■ WORK TASK
Each line from the one that has "SameTables-IsWellFormed s (send_round" through the final line of the listing is to be written out exactly, and no other line is.
⁂
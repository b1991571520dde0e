-- ===== src/Engine/Steps.antt =====
-- desktop/src/engine/mod.rs as a system of steps: the threads of the engine interleave
-- between the operations below, each of which is taken as one step.
use antarloka.Prelude.{Result, ℕ, refl, Bool, Option, none, [], arith}
use antarloka.Prelude.Map.{distinct}
use antarloka.Text.{Str, Bytes}
use antarloka.Fs.{FilePath, Disk}
use antarloka.Proto.Message.{Message, TransferId}
use antarloka.Security.Fingerprint.{DeviceId}
use antarloka.Security.Trust.{TrustStore}
use antarloka.Security.Trust.Valid.{IsLossless, IsValid}
use antarloka.Net.Discovery.{DiscoveredPeer}
use antarloka.Engine.State.{Inner, Params, Env, Config}
use antarloka.Engine.Pairing.{respond_pairing}
use antarloka.Engine.Incoming.{respond_offer}
use antarloka.Engine.Dispatch.{on_message}
use antarloka.Engine.Connection.{Handshaked, open_connection, end_connection}
use antarloka.Engine.Commands.{
  send_text, forget, set_device_auto_accept, set_device_blocked, update_config, cancel_transfer,
}
use antarloka.Engine.Housekeeping.{on_beacon, expire_peers, expire_pairings, ping_all}
use antarloka.Engine.Invariant.{
  IsWellFormed, on_message-IsWellFormed, respond_pairing-IsWellFormed, respond_offer-IsWellFormed,
}
use antarloka.Engine.Sending.{Sender, ReadIo, offer_file, take_answer, send_round, end_send}
use antarloka.Engine.Sending.Kept.{
  offer_file-SameTables, take_answer-SameTables, send_round-SameTables, end_send-SameTables,
}
use antarloka.Engine.Kept.{
  SameTables-IsWellFormed, open_connection-IsWellFormed, end_connection-IsWellFormed,
  on_beacon-IsWellFormed, expire_peers-IsWellFormed, expire_pairings-IsWellFormed,
  ping_all-IsWellFormed, send_text-IsWellFormed, cancel_transfer-IsWellFormed, forget-IsWellFormed,
  set_device_auto_accept-IsWellFormed, set_device_blocked-IsWellFormed,
}

-- `Engine::start`, with the store that was loaded.
unfoldable pub start : Config → TrustStore → Disk → Inner
start config trust disk = record {
  config = config;
  trust = trust;
  conns = [];
  peers = [];
  incoming = [];
  outgoing = [];
  events = [];
  wire = [];
  saved = none;
  disk = disk;
}

pub data Step (px : Params) : Inner → Inner → Type 0 where
  message :
      (env : Env) (s : Inner) (d : DeviceId) (key : Bytes) (msg : Message)
      → Step px s (on_message px env s d key msg).1
  opened :
      (env : Env) (s : Inner) (hs : Handshaked) (we_dialed : Bool) (expected : Option Bytes)
      → Step px s (open_connection px env s hs we_dialed expected).1
  ended :
      (env : Env) (s : Inner) (d : DeviceId) (channel : ℕ) (reason : Str)
      → Step px s (end_connection env s d channel reason)
  pairing_answer :
      (env : Env) (s : Inner) (d : DeviceId) (answer : Bool)
      → Step px s (respond_pairing px env s d answer)
  offer_answer :
      (env : Env) (s : Inner) (id : TransferId) (answer : Bool)
      → Step px s (respond_offer px env s id answer)
  text :
      (env : Env) (s : Inner) (d : DeviceId) (id : TransferId) (t : Str)
      → Step px s (send_text px env s d id t)
  cancelled : (env : Env) (s : Inner) (id : TransferId) → Step px s (cancel_transfer px env s id)
  forgotten : (env : Env) (s : Inner) (d : DeviceId) → Step px s (forget px env s d)
  auto_accept :
      (env : Env) (s : Inner) (d : DeviceId) (on : Bool)
      → Step px s (set_device_auto_accept px env s d on)
  blocked :
      (env : Env) (s : Inner) (d : DeviceId) (b : Bool)
      → Step px s (set_device_blocked px env s d b)
  configured : (s : Inner) (c : Config) → Step px s (update_config s c)
  beacon : (env : Env) (s : Inner) (p : DiscoveredPeer) → Step px s (on_beacon px env s p)
  peers_expired : (env : Env) (s : Inner) → Step px s (expire_peers env s)
  pairings_expired : (env : Env) (s : Inner) → Step px s (expire_pairings px env s)
  pinged : (s : Inner) → Step px s (ping_all s)
  offered :
      (env : Env) (s : Inner) (to : DeviceId) (id : TransferId) (name : Str) (path : FilePath)
      (hashed : Option (Str × ℕ))
      → Step px s (offer_file px env s to id name path hashed).1
  answered :
      (s : Inner) (x : Sender) (file : Result (Unit {0}) Str) → Step px s (take_answer s x file).1
  sent_round :
      (env : Env) (s : Inner) (x : Sender) (read : ReadIo)
      → Step px s (send_round px env s x read).1
  sent_all : (env : Env) (s : Inner) (x : Sender) → Step px s (end_send px env s x)

pub data Reachable (px : Params) (first : Inner) : Inner → Type 0 where
  at_start : Reachable px first first
  then_step : {s t : Inner} → Reachable px first s → Step px s t → Reachable px first t

update_config-IsWellFormed :
    (s : Inner) (c : Config) → IsWellFormed s → IsWellFormed (update_config s c)
unfolding update_config
update_config-IsWellFormed s c w = ground arith

start-IsWellFormed :
    (config : Config) (trust : TrustStore) (disk : Disk)
    → IsValid trust
    → IsWellFormed (start config trust disk)
unfolding start distinct
start-IsWellFormed config trust disk v = record {
  sessions = record { conns = omega arith; peers = omega arith; trust = v };
  transfers = record { bounded = omega arith; keys = refl };
}

module _ (px : Params) (lossless : IsLossless px.b64) where
  step-IsWellFormed : {s t : Inner} → Step px s t → IsWellFormed s → IsWellFormed t
  step-IsWellFormed (message env s d key msg) w =
      on_message-IsWellFormed px env lossless s d key msg w
  step-IsWellFormed (opened env s hs we_dialed expected) w =
      open_connection-IsWellFormed px env s hs we_dialed expected w
  step-IsWellFormed (ended env s d channel reason) w =
      end_connection-IsWellFormed env s d channel reason w
  step-IsWellFormed (pairing_answer env s d answer) w =
      respond_pairing-IsWellFormed px env lossless s d answer w
  step-IsWellFormed (offer_answer env s id answer) w =
      respond_offer-IsWellFormed px env s id answer w
  step-IsWellFormed (text env s d id t) w = send_text-IsWellFormed px env s d id t w
  step-IsWellFormed (cancelled env s id) w = cancel_transfer-IsWellFormed px env s id w
  step-IsWellFormed (forgotten env s d) w = forget-IsWellFormed px env lossless s d w
  step-IsWellFormed (auto_accept env s d on) w =
      set_device_auto_accept-IsWellFormed px env lossless s d on w
  step-IsWellFormed (blocked env s d b) w = set_device_blocked-IsWellFormed px env lossless s d b w
  step-IsWellFormed (configured s c) w = update_config-IsWellFormed s c w
  step-IsWellFormed (beacon env s p) w = on_beacon-IsWellFormed px env s p w
  step-IsWellFormed (peers_expired env s) w = expire_peers-IsWellFormed env s w
  step-IsWellFormed (pairings_expired env s) w = expire_pairings-IsWellFormed px env s w
  step-IsWellFormed (pinged s) w = ping_all-IsWellFormed s w
  step-IsWellFormed (offered env s to id name path hashed) w =
      SameTables-IsWellFormed s (offer_file px env s to id name path hashed).1
        (offer_file-SameTables px env s to id name path hashed) w
  step-IsWellFormed (answered s x file) w =
      SameTables-IsWellFormed s (take_answer s x file).1 (take_answer-SameTables s x file) w
  step-IsWellFormed (sent_round env s x read) w =
      SameTables-IsWellFormed s (send_round px env s x read).1
        (send_round-SameTables px env s x read) w
  step-IsWellFormed (sent_all env s x) w =
      SameTables-IsWellFormed s (end_send px env s x) (end_send-SameTables px env s x) w

  -- From the start with a valid trust store, every sequence of steps leads to a state in which no
  -- table exceeds its limit, no transfer is filed twice and the trust store is valid.
  pub Reachable-IsWellFormed :
      (config : Config) (trust : TrustStore) (disk : Disk) (s : Inner)
      → IsValid trust
      → Reachable px (start config trust disk) s
      → IsWellFormed s
  Reachable-IsWellFormed config trust disk s v at_start = start-IsWellFormed config trust disk v
  Reachable-IsWellFormed config trust disk s v (then_step r step) =
      step-IsWellFormed step (Reachable-IsWellFormed config trust disk _ v r)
⁂
■ SOLUTION TO THE PROBLEM
      SameTables-IsWellFormed s (send_round px env s x read).1
        (send_round-SameTables px env s x read) w
  step-IsWellFormed (sent_all env s x) w =
      SameTables-IsWellFormed s (end_send px env s x) (end_send-SameTables px env s x) w

  -- From the start with a valid trust store, every sequence of steps leads to a state in which no
  -- table exceeds its limit, no transfer is filed twice and the trust store is valid.
  pub Reachable-IsWellFormed :
      (config : Config) (trust : TrustStore) (disk : Disk) (s : Inner)
      → IsValid trust
      → Reachable px (start config trust disk) s
      → IsWellFormed s
  Reachable-IsWellFormed config trust disk s v at_start = start-IsWellFormed config trust disk v
  Reachable-IsWellFormed config trust disk s v (then_step r step) =
      step-IsWellFormed step (Reachable-IsWellFormed config trust disk _ v r)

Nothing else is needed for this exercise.